Como ya sabran, el puerto USB solo provee 100mA, los reles de bobina, por lo general necesitan alrededor de 70mA para activarse, lo cual me genera un problema cuando tengo que activar mas de uno a la vez (los reles se conectan al PIC a traves de un transistor driver).
Saben si los reles de estado solido consumen menos corriente para activarse?

Gracias, saludos


----------



## mabauti (Feb 12, 2008)

ya intentaste con el clasico opto + rele ?


----------



## Danirm (Feb 12, 2008)

Prueba con el ULN2803, en el comun pones Vcc(PIN 10), son 8 Darlington supongo que irá bien para tu aplicacion


----------



## geniolius (Feb 13, 2008)

mabauti dijo:
			
		

> ya intentaste con el clasico opto + rele ?

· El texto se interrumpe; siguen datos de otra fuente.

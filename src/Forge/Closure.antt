-- ===== src/Forge/Closure.antt =====
-- internal/forge/scope.go: the loop of SelectIssues that collects the closure of an epic.
pub mod Complete
use Prim.Native.Char.{Char, code}
use Prim.Native.String.{◌++◌ as append}
use text.Mathlib.TextLemmas.{
  cons-append, nil-append, append-nil as text_append-nil, append_assoc as text_append_assoc,
}
use mathlib.Core.Path.{subst}
use botfam.Base.{
  ℕ, zero, suc, ◌+◌, ◌-◌, ◌*◌, ◌/◌, ◌%◌, ◌^◌, ◌≤◌, ◌<◌, String, ◌≡◌, refl, sym, ap, ◌∙◌, fun_ext,
  ◌≢◌, ◌↔◌, ◌⊎◌, inl, inr, Bool, true, false, not, ◌&&◌, ◌||◌, false≢true, Option, none, some, List,
  [], ◌∷◌, ◌++◌, map, append-nil, append_assoc, arith, ◌==◌, eq_iff, eq_refl, ltb, leb, nat_eq,
  if◌then◌else◌, ltb→lt, nat_eq_iff, Bool-cases, Option-cases, Error, engine, message, Result, ok,
  err, Exec, pure, raise, continue, ◌>>=◌, ◌>>◌, ignore, Result-cases, length, any, find, filter,
  update, length-append, any-append, is_some, or_else, or_default, any-find, All, All-append,
}
use botfam.Base.Text.{is_space, trim_space, is_blank, join, digit, format_int}
use botfam.Base.Runes.{
  all_chars, runes, take_runes, keep_chars, fields, all_chars-append, all_chars-take_runes,
  all_chars-keep_chars, runes-take_runes-le, all_chars-trim_space, all_chars-join-fields,
  starts_clean, starts_clean-trim_space, starts_clean-take_runes,
}
use botfam.Base.Numerals.{
  ℤ, is_positive, parse_int, format_integer, parse_int-format_int, max_int64,
}

-- a set of numbers: the map[int]bool of Go
unfoldable pub has : ℕ → List ℕ → Bool
unfolding any
has n ns = any (nat_eq n) ns

module _ (children : ℕ → List ℕ) where
  -- The queue and the numbers seen; each round of the loop takes one from the fuel, and none stands
  -- for a loop that has not ended.
  unfoldable pub collect : ℕ → List ℕ → List ℕ → Option (List ℕ)
  unfolding has filter
  collect zero queue seen = none
  collect (suc rounds) [] seen = some seen
  collect (suc rounds) (n ∷ queue) seen =
      let seen' = if has n seen then seen else n ∷ seen in
      let found = if has n seen then [] else filter (λ ref. not (has ref seen')) (children n) in
      collect rounds (queue ++ found) seen'

  -- The numbers that an epic reaches through the children.
  pub data Reach (root : ℕ) : ℕ → Type 0 where
    here : Reach root root
    below : (m n : ℕ) → Reach root m → has n (children m) ≡ true → Reach root n

  has-append : (n : ℕ) (xs ys : List ℕ) → has n (xs ++ ys) ≡ (has n xs || has n ys)
  unfolding has
  has-append n xs ys = any-append (nat_eq n) xs ys

  has-unseen :
      (n : ℕ) (seen xs : List ℕ)
      → has n xs ≡ true
      → (has n seen || has n (filter (λ ref. not (has ref seen)) xs)) ≡ true
  unfolding has any filter
  has-unseen n seen [] h = absurd (false≢true h)
  has-unseen n seen (x ∷ xs) h = elim (Bool-cases (nat_eq n x)) [
    | inl e ↦ ground (arith, e, ap (λ k. any (nat_eq k) seen) ((nat_eq_iff n x).0 e))
    | inr e ↦ ground (arith, e, has-unseen n seen xs)
  ]

  has-filter : (p : ℕ → Bool) (n : ℕ) (xs : List ℕ) → has n (filter p xs) ≡ true → has n xs ≡ true
  unfolding has any filter
  has-filter p n [] h = h
  has-filter p n (x ∷ xs) h = elim (Bool-cases (p x)) [
    | inl e ↦ ground (arith, e, has-filter p n xs)
    | inr e ↦ ground (arith, e, has-filter p n xs)
  ]

  or-pop :
      (k n : ℕ) (queue seen : List ℕ)
      → (has k queue || has k seen) ≡ true
      → (has k (n ∷ queue) || has k seen) ≡ true
  unfolding has any
  or-pop k n queue seen h = ground (arith, h)

  unpop :
      (k n : ℕ) (queue seen : List ℕ)
      → has n seen ≡ true
      → (has k seen || has k (n ∷ queue)) ≡ true
      → (has k seen || has k queue) ≡ true
  unfolding has any
  unpop k n queue seen hn h = elim (Bool-cases (nat_eq k n)) [
    | inl e ↦ ground (arith, hn, ap (λ k. any (nat_eq k) seen) ((nat_eq_iff k n).0 e))
    | inr e ↦ ground (arith, e, h)
  ]

  has-head : (n : ℕ) (queue seen : List ℕ) → (has n (n ∷ queue) || has n seen) ≡ true
  unfolding has any
  has-head n queue seen = ground arith

  has-tail :
      (m n : ℕ) (seen : List ℕ) → nat_eq m n ≡ false → has m (n ∷ seen) ≡ true → has m seen ≡ true
  unfolding has any
  has-tail m n seen e h = ground (arith, e, h)

  split-push :
      (k n : ℕ) (queue seen found : List ℕ)
      → (has k (queue ++ found) || has k (n ∷ seen)) ≡ true
      → ((has k (n ∷ queue) || has k seen) ≡ true) ⊎ (has k found ≡ true)
  unfolding has any
  split-push k n queue seen found h = elim (Bool-cases (has k found)) [
    | inl e ↦ inr e
    | inr e ↦ inl (ground (arith, h, e, has-append k queue found))
  ]

  push-found :
      (k n : ℕ) (queue seen found : List ℕ)
      → (has k (n ∷ seen) || has k found) ≡ true
      → (has k (n ∷ seen) || has k (queue ++ found)) ≡ true
  unfolding has any
  push-found k n queue seen found h = ground (arith, h, has-append k queue found)

  push-keeps :
      (k n : ℕ) (queue seen found : List ℕ)
      → (has k seen || has k (n ∷ queue)) ≡ true
      → (has k (n ∷ seen) || has k (queue ++ found)) ≡ true
  unfolding has any
  push-keeps k n queue seen found h = ground (arith, h, has-append k queue found)

  module _ (root : ℕ) where
    -- What holds between the rounds: all is reached; what was seen has its children seen or in the
    -- queue; the root is seen or in the queue.
    unfoldable pub Inv : List ℕ → List ℕ → Type 0
    Inv queue seen =
        ((n : ℕ) → (has n queue || has n seen) ≡ true → Reach root n)
        × ((m n : ℕ)
            → has m seen ≡ true
            → has n (children m) ≡ true
            → (has n seen || has n queue) ≡ true)
        × ((has root seen || has root queue) ≡ true)

    pub Inv-pop :
        (n : ℕ) (queue seen : List ℕ) → Inv (n ∷ queue) seen → has n seen ≡ true → Inv queue seen
    unfolding Inv
    Inv-pop n queue seen i h = (
      (λ k hk. i.0 k (or-pop k n queue seen hk)),
      (λ m k hm hk. unpop k n queue seen h (i.1 m k hm hk)),
      unpop root n queue seen h i.2,
    )

    pub Inv-push :
        (n : ℕ) (queue seen : List ℕ)
        → Inv (n ∷ queue) seen
        → Inv (queue ++ filter (λ ref. not (has ref (n ∷ seen))) (children n)) (n ∷ seen)
    unfolding Inv
    Inv-push n queue seen i =
        let found = filter (λ ref. not (has ref (n ∷ seen))) (children n) in
        (
          (λ k hk. elim (split-push k n queue seen found hk) [
            | inl hq ↦ i.0 k hq
            | inr hf ↦
                below n k (i.0 n (has-head n queue seen))
                  (has-filter (λ ref. not (has ref (n ∷ seen))) k (children n) hf)
          ]),
          (λ m k hm hk. elim (Bool-cases (nat_eq m n)) [
            | inl e ↦ push-found k n queue seen found (
                has-unseen k (n ∷ seen) (children n)
                  (subst (λ m. has k (children m) ≡ true) ((nat_eq_iff m n).0 e) hk))
            | inr e ↦ push-keeps k n queue seen found (i.1 m k (has-tail m n seen e hm) hk)
          ]),
          push-keeps root n queue seen found i.2,
        )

Me sugieres usar un rele de estado solido? podrias darme mas información por favor?

Gracias!


----------



## geniolius (Feb 13, 2008)

Danirm dijo:
			
		

> Prueba con el ULN2803, en el comun pones Vcc(PIN 10), son 8 Darlington supongo que irá bien para tu aplicacion



Disculpa pero no comprendo tu respuesta, como sugieres que conecte el ULN2803? sugieres que use reles electromecanicos?


----------



## Fogonazo (Feb 13, 2008)

geniolius dijo:
			
		

> Danirm dijo:
> 
> 
> 
> ...




Creo entender que te estan sugiriendo que emplees el puerto como alimentacion de "Comando" del ULN2803 y una fuente de alimentacion externa para tus relees


Edit:
Respecto al relee de estado solido, es un dispositivo hibrido que incluye un optoaislador y un triac en su interior, permite controlar cargas de CA con un bajo consumo de comando.


----------